When looking at the statics though ,with the millions of people australia wide using our waters for all sorts of things, attacks are extremely rare, with something like 4 attacks in the last 20-30 years with only one fatality.
Its a piece of mind thing and many people opt for it. Which is the reason ive been looking into them as well.
Plenty of testimonials on the forum heres one for an example... 
http://www.kfdu.com.au/forum/viewtopic. ... ld#p163032


----------



## Tiberium

What puts me off it is the price. :shock: $700 :shock:


----------



## burnsie8495

Thats another big factor, they arent the cheapest things going, and would much prefer to spend it on new fishing gear 
It realy depends how comfortable you are with your yak and the areas your fishing, most the time it'll be offshore you'll find them and there many ways of minimising your chances like dont bleed or leave bleed fishing hanging in the water (learnt this hard way on lake macquarie), but most the time they will only come for a look and if they get a bit to close for comfort, paddles at the ready.
It comes down to whether or not you can justify the money, but when in perspective how much is a life worth and an even better question, how much would you lay down to wet your lined


----------



## GlenelgKiller

burnsie8495 said:


> When looking at the statics though ,with the millions of people australia wide using our waters for all sorts of things, attacks are extremely rare, with something like 4 attacks in the last 20-30 years with only one fatality.

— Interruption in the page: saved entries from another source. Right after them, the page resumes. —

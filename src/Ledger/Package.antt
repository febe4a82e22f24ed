-- ===== src/Ledger/Package.antt =====
-- internal/ledger/package.go: the export of one record, and its verification without a database.
pub mod Sound
pub mod Binding
use vigia.Prelude.{ℕ, Bool, not, List, Option, none, some, ◌==◌, if◌then◌else◌}
use vigia.Time.{Time}
use vigia.Ledger.Encoding.{Text, codes}
use vigia.Ledger.Digest.{Sha256}
use vigia.Ledger.Record.{
  JudgeEvidence, Body, EvidenceRecord, format_micros, is_valid_prev_hash, hash_of,
}
use vigia.Ledger.Chain.{Text_comparable, BreakReason, VerifyResult, verified, broken, compare_hash}
use vigia.Ledger.Inputs.{DetectorResult, compute_inputs_digest}

pub record PackageInteraction : Type 0 where
  pub id : Text
  pub tenant_id : Text
  pub channel : Text
  pub direction : Text
  pub occurred_at : Time

pub record PackageEvaluation : Type 0 where
  pub id : Text
  pub overall_outcome : Text
  pub policy_bundle_version : Text
  pub created_at : Time

pub record PackageRecord : Type 0 where
  pub tenant_id : Text
  pub interaction_event_id : Text
  pub evaluation_id : Text
  pub seq : ℕ
  pub overall_outcome : Text
  pub policy_bundle_version : Text
  pub inputs_digest : Text
  pub created_at : Text
  pub prev_hash : Text
  pub hash : Text
  pub judge : Option JudgeEvidence

pub record Package : Type 0 where
  pub schema_version : Text
  pub interaction : PackageInteraction
  pub evaluation : PackageEvaluation
  pub detector_results : List DetectorResult
  pub proof : PackageRecord

abbrev pub schema_version : Text
schema_version = codes "vigia.evidence.v1"

-- `BuildPackage`; the field `Record` is `proof` here.
abbrev pub record_of : EvidenceRecord → PackageRecord
record_of rec = record {
  tenant_id = rec.body.tenant_id;
  interaction_event_id = rec.body.interaction_event_id;
  evaluation_id = rec.body.evaluation_id;
  seq = rec.body.seq;
  overall_outcome = rec.body.overall_outcome;
  policy_bundle_version = rec.body.policy_bundle_version;
  inputs_digest = rec.body.inputs_digest;
  created_at = format_micros rec.body.created_at;
  prev_hash = rec.prev_hash;
  hash = rec.hash;
  judge = rec.body.judge;
}

abbrev pub build_package :
    EvidenceRecord → PackageInteraction → PackageEvaluation → List DetectorResult → Package
build_package rec interaction eval results = record {
  schema_version = schema_version;
  interaction = interaction;
  evaluation = eval;
  detector_results = results;
  proof = record_of rec;
}

-- The body that the hash is computed from again.
abbrev pub package_body : PackageRecord → Time → Body
package_body r created_at = record {
  tenant_id = r.tenant_id;
  interaction_event_id = r.interaction_event_id;
  evaluation_id = r.evaluation_id;
  seq = r.seq;
  overall_outcome = r.overall_outcome;
  policy_bundle_version = r.policy_bundle_version;
  inputs_digest = r.inputs_digest;
  created_at = created_at;
  judge = r.judge;
  complaint_transition = none;
}

abbrev pub mismatch : Package → BreakReason → VerifyResult
mismatch pkg reason = broken 1 pkg.proof.seq 0 reason

-- `time.Parse` on the canonical layout is `parse`, which gives none on an error.
module _ (sha : Sha256) (parse : Text → Option Time) where
  unfoldable pub check_hash : Package → Option Time → Option VerifyResult
  check_hash pkg none = some (mismatch pkg BreakReason.hash_mismatch)
  check_hash pkg (some created_at) =
      if not (is_valid_prev_hash pkg.proof.prev_hash)
      then some (mismatch pkg BreakReason.invalid_prev_hash)
      else compare_hash (hash_of sha pkg.proof.prev_hash (package_body pkg.proof created_at))
          pkg.proof.hash (mismatch pkg BreakReason.hash_mismatch) (some (verified 1))

  -- `VerifyPackage`; `none` is a panic.
  unfoldable pub verify_package : Package → Option VerifyResult
  verify_package pkg =
      if not (pkg.evaluation.id == pkg.proof.evaluation_id)
      then some (mismatch pkg BreakReason.evaluation_id_mismatch)
      else if not (pkg.evaluation.overall_outcome == pkg.proof.overall_outcome)
      then some (mismatch pkg BreakReason.evaluation_outcome_mismatch)
      else if not (pkg.evaluation.policy_bundle_version == pkg.proof.policy_bundle_version)
      then some (mismatch pkg BreakReason.evaluation_bundle_mismatch)
      else if not (pkg.interaction.id == pkg.proof.interaction_event_id)
      then some (mismatch pkg BreakReason.interaction_id_mismatch)
      else if not (pkg.interaction.tenant_id == pkg.proof.tenant_id)
      then some (mismatch pkg BreakReason.interaction_tenant_mismatch)
      else if not (compute_inputs_digest sha pkg.detector_results == pkg.proof.inputs_digest)
      then some (mismatch pkg BreakReason.inputs_digest_mismatch)
      else check_hash pkg (parse pkg.proof.created_at)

Not sure where you get your statistics from mate but they are off the mark. I can recall 5 fatals and 1 non-fatal in WA over the last 2 years plus 2 fatals in metro SA in quick succession around 12 years back. Also 2 attacks on yaks, 1 in SA and 1 in WA over the last year, both non-fatal. Part of the risk of water sports and im certainly not suggesting everyone should have a Shark Shield, i didnt for quite a while, but it certainly can happen.


----------



## GlenelgKiller

smilne said:


> However, the very recent tests done on them in South Australia are not very encouraging.


Do you have more info on these tests as i havent heard anything?


----------



## burnsie8495

This is one report noting the results
http://www.abc.net.au/local/stories/201 ... 529306.htm


----------



## badmotorfinger

I think the most important part of the test was that the sharks aborted 100% of their extremely aggressive charges on trolled drones (think 5m GW leaping out of water with seal in mouth). It is this sort of attack which will put you in the water with the shark post initial hit and something that has happened to kayakers previously. Thankfully the sharks seemed to have been somewhat bemused after intitial strike and have left now swimming kayakers alone.

The fact that they still took a bait is important, but they were still clearly put off somewhat by the sharkshield. I am not planning on towing 1/2 a tuna around behind my kayak, and even if I did, I figure the shark will circle for twice as long giving me time to prepare or take measures to scare the shark off.


----------



## solatree

The Shark Shield for me is a bit of piece of mind - some extra insurance. It does not really matter how effective it actually is - as long as it helps me feel safer out there when I'm fishing in waters and at times when shark risk is higher. And it does. That way, I can focus on enjoying my fishing.


----------



## burnsie8495

as for the statics i was leading to those in regards to kayakers more then swimmer/surfers.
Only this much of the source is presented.